L’audience a lieu trois semaines après le dépôt. L’avocat de Marc tente de minimiser : « une relation de conseil occasionnelle, aucun transfert de savoir-faire ». Le rapport de détective — six jours de présence documentés, la chronologie des contacts, le classeur aux couleurs de la PME — rend cette défense intenable.

Le juge des référés fait droit à la demande. Injonction prononcée, astreinte fixée à 1 500 € par jour de retard.

L’action au fond

Six mois plus tard, le tribunal de commerce rend son jugement au fond. Il retient la violation de la confidentialité contractuelle par Marc, et les actes de concurrence déloyale par la marque concurrente qui ne pouvait ignorer l’origine frauduleuse des formules.

Marc est condamné à verser 55 000 € de dommages et intérêts à Fabienne. La marque concurrente est condamnée solidairement à 30 000 € supplémentaires. Le tribunal ordonne le retrait définitif du sérum du marché.

Ce que cette affaire enseigne

Fabienne a mis plusieurs semaines à se décider à mandater un détective privé. Elle avait peur que ce soit coûteux, intrusif, ou inutile. La mission a duré onze jours et coûté 5 200 € HT. Elle a permis d’obtenir 85 000 € de dommages et intérêts et le retrait définitif du produit concurrent du marché.

Trois enseignements ressortent de ce dossier.

La phase OSINT est souvent décisive avant même toute surveillance. La connexion LinkedIn entre Marc et le concurrent, datée à dix-sept mois avant la démission, a été l’élément qui a crédibilisé toute la thèse devant le juge.
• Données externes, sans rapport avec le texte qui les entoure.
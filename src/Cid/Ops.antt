-- ===== src/Cid/Ops.antt =====
-- The life of a connection ID between the lists: `init_cids`, `cid_ins`, `cid_del`, `cid_retire` and
-- `retire_prior_to` of lib/src/cid.c.
use quant.Base.{
  ℕ, zero, suc, Bool, true, false, ◌||◌, Option, none, some, List, [], ◌∷◌, ltb, ◌==◌, ◌>>=◌,
  if◌then◌else◌, min, add64, sub64,
}
use quant.Cid.Lists.{Cid, Cids}

abbrev pub cids_max : ℕ
cids_max = 8

-- `sl_remove`: the entry that the pointer is to.
abbrev pub remove_slot : List Cid → ℕ → List Cid
remove_slot [] k = []
remove_slot (i ∷ is) k = if i.slot == k then is else i ∷ remove_slot is k

-- The `n` first entries of the array, as the loop leaves them; other members keep what they held.
abbrev pub avl_slots : (ℕ → Cid) → ℕ → List Cid
avl_slots cids zero = []
avl_slots cids (suc n) =
    record (cids n) { slot = n; available = true; retired = false; local_choice = false }
    ∷ avl_slots cids n

unfoldable pub init_cids : (ℕ → Cid) → Cids
init_cids cids = record { ret = []; act = []; avl = avl_slots cids cids_max; act_cnt = 0 }

unfoldable pub need_more_cids : Cids → ℕ → Bool
need_more_cids ids act_cid_lim = ltb ids.act_cnt (min 4 (min act_cid_lim cids_max))

-- `none` is the failed check that the connection ID is not available.
unfoldable pub cid_del : Cids → Cid → Option Cids
cid_del ids id =
    if id.available
    then none
    else if id.retired
    then some (record ids {
      ret = remove_slot ids.ret id.slot;
      avl = record id { retired = false; available = true } ∷ ids.avl;
    })
    else some (record ids {
      act = remove_slot ids.act id.slot;
      act_cnt = sub64 ids.act_cnt 1;
      avl = record id { available = true } ∷ ids.avl;
    })

-- `none` is the failed check that the connection ID is active.
unfoldable pub cid_retire : Cids → Cid → Option Cids
cid_retire ids id =
    if id.available || id.retired
    then none
    else some (record ids {
      act = remove_slot ids.act id.slot;
      act_cnt = sub64 ids.act_cnt 1;
      ret = record id { retired = true } ∷ ids.ret;
    })

-- The loop over the entries that the list held.
abbrev pub retire_from : ℕ → List Cid → Cids → Option Cids
retire_from seq [] ids = some ids
retire_from seq (i ∷ is) ids =
    (if ltb i.seq seq then cid_retire ids i else some ids) >>= retire_from seq is

unfoldable pub retire_prior_to : Cids → ℕ → Option Cids
unfolding cid_retire
retire_prior_to ids seq = retire_from seq ids.act ids

-- The copy into the first available entry, which becomes active.
abbrev pub activate : Cids → Cid → Option (Cids × Option Cid)
activate ids id = elim ids.avl [
  | [] ↦ none
  | i ∷ rest ↦
      (let new = record id { slot = i.slot; retired = false; available = false } in
        some
          (record ids { avl = rest; act = new ∷ ids.act; act_cnt = add64 ids.act_cnt 1 }, some new))
]

-- With no entry available, the last one that was retired is deleted first. The inner `none` is the
-- null pointer, the outer one a failed check.
unfoldable pub cid_ins : Cids → Cid → Option (Cids × Option Cid)
unfolding cid_del
cid_ins ids id = elim ids.avl [
  | i ∷ rest ↦ activate ids id
  | [] ↦ elim ids.ret [
    | [] ↦ some (ids, none)
    | i ∷ rest ↦ elim (cid_del ids i) [ none ↦ none | some ids1 ↦ activate ids1 id ]
  ]
]
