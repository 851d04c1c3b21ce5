-- ===== src/Cid/Laws.antt =====
-- How the entries of `struct cids` (lib/src/cid.h) are divided among its three lists.
use quant.Base.{
  ℕ, ◌+◌, ◌≡◌, refl, inl, inr, Bool, true, false, not, ◌&&◌, Option, none, some, List, [], ◌∷◌,
  ◌==◌, if◌then◌else◌, length, All, is_some, add64, sub64, arith, Bool-cases,
}
use quant.Cid.Lists.{Cid, Cids}
use quant.Cid.Ops.{cid_ins, cid_del, cid_retire, init_cids, remove_slot, cids_max}

abbrev pub is_active : Cid → Bool
is_active i = not i.available && not i.retired

abbrev pub is_ret : Cid → Bool
is_ret i = not i.available && i.retired

-- The count is right, all entries of the array are on the lists, and the marks of each say on which.
pub record IsCids (ids : Cids) : Type 0 where
  pub count : ids.act_cnt ≡ length ids.act
  pub total : length ids.act + length ids.ret + length ids.avl ≡ cids_max
  pub act_all : All (λ i. is_active i ≡ true) ids.act
  pub ret_all : All (λ i. is_ret i ≡ true) ids.ret
  pub avl_all : All (λ i. i.available ≡ true) ids.avl

abbrev mk_cids : List Cid → List Cid → List Cid → ℕ → Cids
mk_cids ret act avl cnt = record { ret = ret; act = act; avl = avl; act_cnt = cnt }

abbrev pub has_slot : List Cid → ℕ → Bool
has_slot [] k = false
has_slot (i ∷ is) k = if i.slot == k then true else has_slot is k

length-remove_slot :
    (is : List Cid) (k : ℕ) → has_slot is k ≡ true → length (remove_slot is k) + 1 ≡ length is
length-remove_slot [] k h = ground arith
length-remove_slot (i ∷ is) k h = elim (Bool-cases (i.slot == k)) [
  | inl e ↦ ground arith
  | inr e ↦ (let r = length-remove_slot is k (ground arith) in ground arith)
]

All-remove_slot : (P : Cid → Type 0) (is : List Cid) (k : ℕ) → All P is → All P (remove_slot is k)
All-remove_slot P [] k h = h
All-remove_slot P (i ∷ is) k h = elim (Bool-cases (i.slot == k)) [
  | inl e ↦ rw e h.1
  | inr e ↦ rw e (h.0, All-remove_slot P is k h.1)
]

-- init_cids gives empty lists of active and retired entries, and makes the whole array available.
pub init_cids-IsCids : (cids : ℕ → Cid) → IsCids (init_cids cids)
unfolding init_cids
init_cids-IsCids cids = record {
  count = refl;
  total = refl;
  act_all = tt;
  ret_all = tt;
  avl_all = ground arith;
}

-- Where the array is divided among the lists, retiring an active entry works, keeps the division,
-- and leaves one active entry less.
pub cid_retire-IsCids :
    (ids : Cids) (id : Cid)
    → IsCids ids
    → is_active id ≡ true
    → has_slot ids.act id.slot ≡ true
    → (ids' : Cids) × (cid_retire ids id ≡ some ids')
      × IsCids ids'
      × (length ids'.act + 1 ≡ length ids.act)
unfolding cid_retire
cid_retire-IsCids ids id w a h =
    let l = length-remove_slot ids.act id.slot h in
    (
      mk_cids (record id { retired = true } ∷ ids.ret) (remove_slot ids.act id.slot) ids.avl
          (sub64 ids.act_cnt 1),
      ground arith,
      record {
        count = omega (arith, w.count, w.total);
        total = omega (arith, w.total);
        act_all = All-remove_slot (λ i. is_active i ≡ true) ids.act id.slot w.act_all;
        ret_all = (ground arith, w.ret_all);
        avl_all = w.avl_all;
      },
      l,
    )

-- How many entries of a list, and of all three, stand for a position of the array.
abbrev pub uses : ℕ → List Cid → ℕ
uses k [] = 0
uses k (i ∷ is) = (if i.slot == k then 1 else 0) + uses k is

abbrev pub all_uses : ℕ → Cids → ℕ
all_uses k ids = uses k ids.act + uses k ids.ret + uses k ids.avl

-- The entry that an insertion gives is the first active one and has all that the connection ID has;
-- without one, nothing changed.
abbrev pub Holds : Cids → Cid → Cids × Option Cid → Type 0
Holds ids id (ids', none) = ids' ≡ ids
Holds ids id (ids', some new) =
    (ids'.act ≡ new ∷ ids.act)
    × (new.seq ≡ id.seq)
    × (new.len ≡ id.len)
    × (new.id ≡ id.id)
    × (new.srt ≡ id.srt)
    × (new.has_srt ≡ id.has_srt)
    × (new.in_cbi ≡ id.in_cbi)
    × (new.local_choice ≡ id.local_choice)

abbrev Inserts : Cids → Cid → Type 0
Inserts ids id =
    (r : Cids × Option Cid) × (cid_ins ids id ≡ some r)
    × IsCids r.0
    × (is_some r.1 ≡ not (length ids.act == cids_max))
    × Holds ids id r
    × ((k : ℕ) → all_uses k r.0 ≡ all_uses k ids)

ins_run :
    (ret act avl : List Cid) (cnt : ℕ) (id : Cid)
    → IsCids (mk_cids ret act avl cnt)
    → Inserts (mk_cids ret act avl cnt) id
unfolding cid_ins cid_del
ins_run ret act (i ∷ rest) cnt id w = (
  (
    mk_cids ret (record id { slot = i.slot; retired = false; available = false } ∷ act) rest
        (add64 cnt 1),
    some (record id { slot = i.slot; retired = false; available = false }),
  ),
  refl,
  record {
    count = omega (arith, w.count, w.total);
    total = omega (arith, w.total);
    act_all = (refl, w.act_all);
    ret_all = w.ret_all;
    avl_all = w.avl_all.1;
  },
  ground (arith, w.total),
  (refl, refl, refl, refl, refl, refl, refl, refl),
  λ k. omega arith,
)
ins_run (i ∷ rest) act [] cnt id w =
    let m = w.ret_all.0 in
    (
      (
        mk_cids rest (record id { slot = i.slot; retired = false; available = false } ∷ act) []
            (add64 cnt 1),
        some (record id { slot = i.slot; retired = false; available = false }),
      ),
      ground arith,
      record {
        count = omega (arith, w.count, w.total);
        total = omega (arith, w.total);
        act_all = (refl, w.act_all);
        ret_all = w.ret_all.1;
        avl_all = tt;
      },
      ground (arith, w.total),
      (refl, refl, refl, refl, refl, refl, refl, refl),
      λ k. omega arith,
    )
ins_run [] act [] cnt id w =
    ((mk_cids [] act [] cnt, none), refl, w, ground (arith, w.total), refl, λ k. refl)

-- Where the array is divided among the lists, inserting a connection ID never fails a check,
-- keeps the division, and gives an entry exactly if not all eight are active already. That entry is
-- put in front of the active ones, which stay, and has the number, the bytes and the token of the
-- connection ID; without one, nothing changes. Every position of the array is on the three lists as
-- often as before, so once if it was there once.
pub cid_ins-IsCids :
    (ids : Cids) (id : Cid)
    → IsCids ids
    → (r : Cids × Option Cid) × (cid_ins ids id ≡ some r)
      × IsCids r.0
      × (is_some r.1 ≡ not (length ids.act == cids_max))
      × Holds ids id r
      × ((k : ℕ) → all_uses k r.0 ≡ all_uses k ids)
cid_ins-IsCids ids id w = ins_run ids.ret ids.act ids.avl ids.act_cnt id w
Elle était publique, légalement accessible, et n’a pas coûté plus d’une journée d’investigation.

La chronologie est une arme probatoire en soi. La mise en cohérence des dates — contact avec le concurrent, accès aux formules, démission, lancement du produit — a constitué un raisonnement causal que le juge a suivi explicitement dans ses motifs.

Le rapport agit aussi comme levier de négociation. Après la procédure de référé, Marc avait proposé une transaction. Fabienne a refusé car le dossier était solide. Elle a eu raison — le jugement au fond lui a accordé le double de ce qui était proposé en transaction.

Pour comprendre l’ensemble du cadre juridique de ce type d’affaire : notre guide complet sur la concurrence déloyale et le détective privé. Pour d’autres cas similaires : le cas du détournement de clients et l’arrêt maladie dissimulant une activité concurrente.

Articles et pages en lien

Questions sur l’espionnage industriel et le détective privé

Comment prouver qu’un ex-associé ou ex-salarié a transmis des secrets industriels ?

En combinant une enquête OSINT (analyse des relations professionnelles, chronologie des contacts, présence sur les réseaux professionnels) et une surveillance terrain (présence régulière dans les locaux du concurrent). La mise en cohérence chronologique — date d’accès aux secrets, date de contact avec le concurrent, date de lancement du produit concurrent — constitue un faisceau d’indices que les tribunaux reconnaissent comme preuve de transmission.

La loi sur le secret des affaires protège-t-elle les formules d’une PME ?

Oui. La loi du 30 juillet 2018 transposant la directive européenne sur le secret des affaires protège toute information ayant une valeur commerciale du fait de son caractère secret, dès lors que des mesures raisonnables ont été prises pour en préserver la confidentialité. Une formule de produit cosmétique non divulguée, protégée par un accord de confidentialité, entre dans cette protection. Sa transmission non autorisée constitue un acte de concurrence déloyale sanctionnable.

Combien coûte une enquête pour espionnage industriel ?

Le coût varie entre 2 500 et 8 000 € HT selon la complexité du dossier, le nombre d’acteurs impliqués et la durée de surveillance nécessaire. Dans le cas décrit dans cet article, la mission a duré 11 jours pour un coût de 3 200 € HT. La TVA est récupérable par les entreprises assujetties. Le rapport Visiopole Investigations a permis d’obtenir 85 000 € de dommages et intérêts.